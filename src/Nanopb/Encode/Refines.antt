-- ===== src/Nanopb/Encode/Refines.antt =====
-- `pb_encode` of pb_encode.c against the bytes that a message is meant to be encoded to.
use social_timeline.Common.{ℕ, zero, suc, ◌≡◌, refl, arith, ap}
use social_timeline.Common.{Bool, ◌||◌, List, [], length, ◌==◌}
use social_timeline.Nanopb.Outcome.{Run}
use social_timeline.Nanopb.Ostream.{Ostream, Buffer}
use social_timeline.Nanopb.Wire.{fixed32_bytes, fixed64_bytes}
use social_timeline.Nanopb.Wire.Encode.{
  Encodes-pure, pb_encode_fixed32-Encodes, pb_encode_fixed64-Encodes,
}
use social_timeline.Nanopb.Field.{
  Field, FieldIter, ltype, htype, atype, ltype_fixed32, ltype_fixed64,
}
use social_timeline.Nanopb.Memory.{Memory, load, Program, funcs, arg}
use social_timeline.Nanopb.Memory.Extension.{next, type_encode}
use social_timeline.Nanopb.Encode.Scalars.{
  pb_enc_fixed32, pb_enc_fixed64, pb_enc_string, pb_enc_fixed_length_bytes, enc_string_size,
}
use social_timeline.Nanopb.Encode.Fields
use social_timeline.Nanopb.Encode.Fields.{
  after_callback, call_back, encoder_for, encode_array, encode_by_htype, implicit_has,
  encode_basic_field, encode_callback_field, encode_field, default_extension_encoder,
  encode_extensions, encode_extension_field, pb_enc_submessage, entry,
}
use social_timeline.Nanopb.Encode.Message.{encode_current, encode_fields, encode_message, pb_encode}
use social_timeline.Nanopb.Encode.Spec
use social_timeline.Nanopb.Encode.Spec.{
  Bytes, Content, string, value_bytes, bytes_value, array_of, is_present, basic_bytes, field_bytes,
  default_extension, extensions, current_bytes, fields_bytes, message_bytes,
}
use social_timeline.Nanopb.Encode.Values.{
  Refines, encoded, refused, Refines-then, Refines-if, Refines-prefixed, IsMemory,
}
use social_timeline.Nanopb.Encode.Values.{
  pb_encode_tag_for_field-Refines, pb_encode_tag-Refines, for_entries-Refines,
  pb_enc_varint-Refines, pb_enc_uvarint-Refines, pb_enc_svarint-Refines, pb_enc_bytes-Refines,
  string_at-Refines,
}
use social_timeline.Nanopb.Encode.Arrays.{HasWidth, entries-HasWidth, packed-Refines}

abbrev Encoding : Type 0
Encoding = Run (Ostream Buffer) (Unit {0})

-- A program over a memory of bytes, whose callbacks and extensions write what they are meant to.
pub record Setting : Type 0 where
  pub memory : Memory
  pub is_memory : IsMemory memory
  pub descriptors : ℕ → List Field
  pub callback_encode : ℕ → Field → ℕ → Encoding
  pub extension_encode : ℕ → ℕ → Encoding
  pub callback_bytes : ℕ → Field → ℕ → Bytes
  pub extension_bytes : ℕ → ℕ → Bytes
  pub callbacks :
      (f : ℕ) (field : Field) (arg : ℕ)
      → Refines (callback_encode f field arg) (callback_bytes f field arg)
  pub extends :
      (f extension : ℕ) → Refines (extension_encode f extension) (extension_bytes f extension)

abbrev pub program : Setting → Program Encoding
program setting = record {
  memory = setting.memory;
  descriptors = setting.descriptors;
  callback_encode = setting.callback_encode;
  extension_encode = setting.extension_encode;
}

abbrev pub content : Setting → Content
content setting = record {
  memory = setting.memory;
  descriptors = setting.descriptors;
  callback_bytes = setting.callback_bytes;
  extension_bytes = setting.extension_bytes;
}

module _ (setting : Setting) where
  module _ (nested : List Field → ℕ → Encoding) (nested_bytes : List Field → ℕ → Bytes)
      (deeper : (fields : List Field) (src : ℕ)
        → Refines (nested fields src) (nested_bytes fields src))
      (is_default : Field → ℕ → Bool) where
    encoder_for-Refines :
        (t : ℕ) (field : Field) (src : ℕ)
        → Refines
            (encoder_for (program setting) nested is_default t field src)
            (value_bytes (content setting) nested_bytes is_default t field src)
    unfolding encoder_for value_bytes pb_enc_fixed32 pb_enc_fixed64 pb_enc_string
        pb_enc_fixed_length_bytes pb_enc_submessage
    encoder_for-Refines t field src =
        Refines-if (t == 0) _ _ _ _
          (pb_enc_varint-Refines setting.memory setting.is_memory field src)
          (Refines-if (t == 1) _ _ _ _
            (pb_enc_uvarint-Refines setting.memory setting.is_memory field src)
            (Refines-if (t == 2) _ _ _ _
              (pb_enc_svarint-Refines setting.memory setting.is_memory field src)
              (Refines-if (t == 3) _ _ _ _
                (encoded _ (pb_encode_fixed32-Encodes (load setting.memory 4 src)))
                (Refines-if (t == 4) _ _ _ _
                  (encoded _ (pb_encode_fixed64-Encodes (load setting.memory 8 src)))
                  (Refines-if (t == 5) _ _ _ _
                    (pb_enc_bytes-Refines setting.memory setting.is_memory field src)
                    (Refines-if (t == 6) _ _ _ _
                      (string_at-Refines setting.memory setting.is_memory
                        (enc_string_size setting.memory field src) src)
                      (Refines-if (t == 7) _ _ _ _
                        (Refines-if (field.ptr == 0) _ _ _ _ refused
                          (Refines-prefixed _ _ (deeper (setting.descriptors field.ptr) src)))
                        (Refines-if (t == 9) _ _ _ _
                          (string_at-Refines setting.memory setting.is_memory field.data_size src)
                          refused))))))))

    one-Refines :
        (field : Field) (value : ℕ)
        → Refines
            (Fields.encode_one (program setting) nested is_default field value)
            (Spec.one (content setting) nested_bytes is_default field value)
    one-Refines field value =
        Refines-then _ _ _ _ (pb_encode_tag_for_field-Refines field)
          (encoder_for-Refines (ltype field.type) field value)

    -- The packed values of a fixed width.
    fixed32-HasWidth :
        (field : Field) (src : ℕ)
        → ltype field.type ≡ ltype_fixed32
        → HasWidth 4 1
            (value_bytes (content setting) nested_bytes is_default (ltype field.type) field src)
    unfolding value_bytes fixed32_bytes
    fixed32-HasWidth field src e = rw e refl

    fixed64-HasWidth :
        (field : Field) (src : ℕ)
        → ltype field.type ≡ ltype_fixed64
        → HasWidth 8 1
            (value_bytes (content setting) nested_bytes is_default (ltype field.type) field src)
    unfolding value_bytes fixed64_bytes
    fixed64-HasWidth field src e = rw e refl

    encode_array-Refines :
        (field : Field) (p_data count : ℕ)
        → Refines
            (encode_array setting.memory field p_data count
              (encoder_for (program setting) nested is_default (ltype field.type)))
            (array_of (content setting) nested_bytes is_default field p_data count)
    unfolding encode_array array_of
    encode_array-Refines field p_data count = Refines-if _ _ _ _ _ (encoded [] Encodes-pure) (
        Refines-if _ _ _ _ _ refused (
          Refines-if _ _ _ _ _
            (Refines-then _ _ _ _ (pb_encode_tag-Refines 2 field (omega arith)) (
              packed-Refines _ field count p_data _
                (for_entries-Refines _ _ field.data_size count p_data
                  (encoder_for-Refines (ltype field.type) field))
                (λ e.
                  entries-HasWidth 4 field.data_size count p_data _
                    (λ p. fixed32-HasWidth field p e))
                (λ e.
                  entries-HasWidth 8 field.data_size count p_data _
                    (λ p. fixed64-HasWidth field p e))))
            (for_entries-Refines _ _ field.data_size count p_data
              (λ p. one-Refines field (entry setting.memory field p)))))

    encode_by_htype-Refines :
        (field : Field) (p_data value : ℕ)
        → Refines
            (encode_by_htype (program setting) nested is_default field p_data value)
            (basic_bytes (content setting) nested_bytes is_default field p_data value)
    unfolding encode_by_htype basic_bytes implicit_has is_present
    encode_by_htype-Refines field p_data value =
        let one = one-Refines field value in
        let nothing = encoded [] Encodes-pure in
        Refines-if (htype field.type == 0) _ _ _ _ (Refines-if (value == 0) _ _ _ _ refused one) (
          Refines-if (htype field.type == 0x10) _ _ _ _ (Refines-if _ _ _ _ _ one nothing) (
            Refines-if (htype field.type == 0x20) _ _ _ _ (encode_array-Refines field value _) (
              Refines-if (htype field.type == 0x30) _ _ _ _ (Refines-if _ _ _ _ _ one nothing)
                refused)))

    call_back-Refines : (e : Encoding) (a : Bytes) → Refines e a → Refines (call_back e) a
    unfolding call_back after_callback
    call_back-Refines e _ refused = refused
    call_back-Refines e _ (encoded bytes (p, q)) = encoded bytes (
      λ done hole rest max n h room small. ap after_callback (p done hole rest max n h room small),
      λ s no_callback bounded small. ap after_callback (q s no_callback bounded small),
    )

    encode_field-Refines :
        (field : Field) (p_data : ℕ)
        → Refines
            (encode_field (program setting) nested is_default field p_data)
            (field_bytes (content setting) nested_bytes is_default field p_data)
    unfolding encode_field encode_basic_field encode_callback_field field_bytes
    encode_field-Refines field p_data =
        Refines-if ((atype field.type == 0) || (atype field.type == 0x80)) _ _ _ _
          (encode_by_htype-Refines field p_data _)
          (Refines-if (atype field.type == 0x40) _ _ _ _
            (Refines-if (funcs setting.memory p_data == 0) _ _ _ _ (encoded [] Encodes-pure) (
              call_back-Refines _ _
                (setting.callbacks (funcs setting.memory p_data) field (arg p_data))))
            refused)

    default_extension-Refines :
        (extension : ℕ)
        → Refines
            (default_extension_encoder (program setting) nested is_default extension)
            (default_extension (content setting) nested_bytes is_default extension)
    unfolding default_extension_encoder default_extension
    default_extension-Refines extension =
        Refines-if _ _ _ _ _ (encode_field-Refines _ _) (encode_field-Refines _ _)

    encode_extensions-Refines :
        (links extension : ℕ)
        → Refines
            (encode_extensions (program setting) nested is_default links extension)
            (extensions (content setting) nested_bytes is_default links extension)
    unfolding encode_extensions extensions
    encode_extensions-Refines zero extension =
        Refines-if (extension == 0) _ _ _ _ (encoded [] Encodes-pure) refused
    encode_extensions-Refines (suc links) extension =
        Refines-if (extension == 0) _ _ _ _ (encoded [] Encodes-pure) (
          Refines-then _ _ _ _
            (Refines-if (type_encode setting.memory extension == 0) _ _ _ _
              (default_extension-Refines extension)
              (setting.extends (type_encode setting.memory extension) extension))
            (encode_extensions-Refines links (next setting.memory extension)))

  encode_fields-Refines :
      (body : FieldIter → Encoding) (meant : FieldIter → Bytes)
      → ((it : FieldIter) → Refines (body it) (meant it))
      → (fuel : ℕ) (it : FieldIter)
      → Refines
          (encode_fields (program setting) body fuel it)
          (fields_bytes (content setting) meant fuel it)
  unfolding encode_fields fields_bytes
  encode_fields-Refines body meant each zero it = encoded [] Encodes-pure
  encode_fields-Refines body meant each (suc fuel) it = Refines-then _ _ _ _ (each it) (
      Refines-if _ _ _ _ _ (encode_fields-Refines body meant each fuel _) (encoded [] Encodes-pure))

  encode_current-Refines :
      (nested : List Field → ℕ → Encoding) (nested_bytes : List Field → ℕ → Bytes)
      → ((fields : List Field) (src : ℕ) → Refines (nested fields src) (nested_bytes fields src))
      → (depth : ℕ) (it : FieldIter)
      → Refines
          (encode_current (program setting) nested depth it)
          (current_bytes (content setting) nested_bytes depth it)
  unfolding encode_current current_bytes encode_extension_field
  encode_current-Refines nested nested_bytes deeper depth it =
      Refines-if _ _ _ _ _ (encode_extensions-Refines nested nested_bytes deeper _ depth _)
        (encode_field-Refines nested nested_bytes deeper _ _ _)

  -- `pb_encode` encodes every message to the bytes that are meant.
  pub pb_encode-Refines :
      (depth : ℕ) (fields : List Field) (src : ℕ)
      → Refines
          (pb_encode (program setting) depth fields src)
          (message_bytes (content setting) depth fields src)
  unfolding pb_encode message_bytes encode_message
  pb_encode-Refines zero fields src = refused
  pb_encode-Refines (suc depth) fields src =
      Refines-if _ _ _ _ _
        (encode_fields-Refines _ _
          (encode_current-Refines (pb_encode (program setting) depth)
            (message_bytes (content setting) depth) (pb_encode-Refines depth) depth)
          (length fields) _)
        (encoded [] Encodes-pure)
---+---
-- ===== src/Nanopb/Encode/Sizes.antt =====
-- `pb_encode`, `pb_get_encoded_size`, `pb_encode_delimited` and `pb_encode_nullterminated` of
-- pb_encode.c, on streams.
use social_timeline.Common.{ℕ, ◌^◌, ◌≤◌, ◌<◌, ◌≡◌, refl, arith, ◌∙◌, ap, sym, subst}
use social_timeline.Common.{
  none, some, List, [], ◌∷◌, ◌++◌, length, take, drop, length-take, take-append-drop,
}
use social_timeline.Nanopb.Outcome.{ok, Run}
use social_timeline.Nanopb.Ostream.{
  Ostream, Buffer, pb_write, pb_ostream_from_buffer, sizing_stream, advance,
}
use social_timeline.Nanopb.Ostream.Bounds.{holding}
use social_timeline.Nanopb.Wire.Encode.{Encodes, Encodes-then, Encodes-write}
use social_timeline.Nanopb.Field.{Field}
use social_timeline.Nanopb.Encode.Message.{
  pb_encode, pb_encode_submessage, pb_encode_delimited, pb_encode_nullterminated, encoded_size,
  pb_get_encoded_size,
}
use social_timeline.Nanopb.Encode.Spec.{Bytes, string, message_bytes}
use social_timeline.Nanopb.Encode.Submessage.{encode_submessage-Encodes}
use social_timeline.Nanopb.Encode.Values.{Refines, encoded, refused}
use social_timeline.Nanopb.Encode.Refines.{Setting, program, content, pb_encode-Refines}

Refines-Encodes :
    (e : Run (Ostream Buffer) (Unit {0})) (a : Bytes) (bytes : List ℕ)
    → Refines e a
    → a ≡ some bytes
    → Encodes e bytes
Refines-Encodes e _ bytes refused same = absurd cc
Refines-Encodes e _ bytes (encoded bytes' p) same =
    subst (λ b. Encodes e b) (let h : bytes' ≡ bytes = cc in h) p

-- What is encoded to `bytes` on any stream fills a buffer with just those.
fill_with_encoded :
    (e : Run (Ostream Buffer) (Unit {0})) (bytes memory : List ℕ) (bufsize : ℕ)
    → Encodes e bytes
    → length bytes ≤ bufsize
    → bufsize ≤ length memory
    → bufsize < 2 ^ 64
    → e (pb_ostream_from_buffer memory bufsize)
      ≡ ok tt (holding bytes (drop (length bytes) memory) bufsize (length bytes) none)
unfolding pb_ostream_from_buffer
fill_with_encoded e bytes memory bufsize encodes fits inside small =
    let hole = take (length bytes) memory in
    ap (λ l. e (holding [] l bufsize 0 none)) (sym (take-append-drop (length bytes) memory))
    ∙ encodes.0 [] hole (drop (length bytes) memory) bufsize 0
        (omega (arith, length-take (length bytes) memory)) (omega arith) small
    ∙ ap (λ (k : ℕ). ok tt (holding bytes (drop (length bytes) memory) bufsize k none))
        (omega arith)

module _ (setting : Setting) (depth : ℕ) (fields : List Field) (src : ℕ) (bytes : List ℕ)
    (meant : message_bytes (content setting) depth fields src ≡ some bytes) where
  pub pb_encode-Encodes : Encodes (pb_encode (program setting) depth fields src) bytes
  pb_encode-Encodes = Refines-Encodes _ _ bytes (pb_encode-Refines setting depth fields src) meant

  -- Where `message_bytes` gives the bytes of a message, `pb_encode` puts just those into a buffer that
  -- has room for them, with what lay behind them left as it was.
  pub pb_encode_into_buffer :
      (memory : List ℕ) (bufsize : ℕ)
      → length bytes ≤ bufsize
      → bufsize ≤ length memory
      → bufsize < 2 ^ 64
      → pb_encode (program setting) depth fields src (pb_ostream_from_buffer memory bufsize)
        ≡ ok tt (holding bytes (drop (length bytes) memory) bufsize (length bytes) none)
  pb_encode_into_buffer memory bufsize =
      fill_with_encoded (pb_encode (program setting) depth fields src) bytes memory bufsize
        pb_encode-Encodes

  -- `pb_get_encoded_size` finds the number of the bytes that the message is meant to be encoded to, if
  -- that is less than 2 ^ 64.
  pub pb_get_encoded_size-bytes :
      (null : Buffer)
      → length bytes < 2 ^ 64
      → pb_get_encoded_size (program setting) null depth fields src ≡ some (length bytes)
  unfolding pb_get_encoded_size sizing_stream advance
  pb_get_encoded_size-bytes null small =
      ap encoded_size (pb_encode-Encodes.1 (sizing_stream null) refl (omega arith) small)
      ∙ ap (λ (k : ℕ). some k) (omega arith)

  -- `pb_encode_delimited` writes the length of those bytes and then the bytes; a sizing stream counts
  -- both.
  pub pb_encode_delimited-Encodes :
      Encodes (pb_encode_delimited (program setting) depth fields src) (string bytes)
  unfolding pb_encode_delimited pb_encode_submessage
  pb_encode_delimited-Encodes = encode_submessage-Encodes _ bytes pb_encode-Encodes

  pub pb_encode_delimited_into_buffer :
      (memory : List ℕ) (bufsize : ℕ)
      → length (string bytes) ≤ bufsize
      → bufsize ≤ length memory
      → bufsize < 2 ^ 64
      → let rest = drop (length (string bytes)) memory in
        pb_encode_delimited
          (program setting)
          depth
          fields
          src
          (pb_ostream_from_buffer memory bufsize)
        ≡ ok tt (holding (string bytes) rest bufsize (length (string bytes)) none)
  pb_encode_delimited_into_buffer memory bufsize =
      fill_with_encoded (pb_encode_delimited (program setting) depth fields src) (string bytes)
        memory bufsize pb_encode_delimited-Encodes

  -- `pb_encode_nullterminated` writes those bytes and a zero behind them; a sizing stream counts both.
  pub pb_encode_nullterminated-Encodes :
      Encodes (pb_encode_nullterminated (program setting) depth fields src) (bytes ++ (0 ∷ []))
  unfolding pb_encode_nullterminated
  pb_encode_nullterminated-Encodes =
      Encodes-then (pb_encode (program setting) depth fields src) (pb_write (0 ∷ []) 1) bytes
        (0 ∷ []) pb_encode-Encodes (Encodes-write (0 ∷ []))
---+---
Filter the listing by the string "rest"; copy each matching line.

      λ done hole rest max n h room small. ap after_callback (p done hole rest max n h room small),
      → let rest = drop (length (string bytes)) memory in
        ≡ ok tt (holding (string bytes) rest bufsize (length (string bytes)) none)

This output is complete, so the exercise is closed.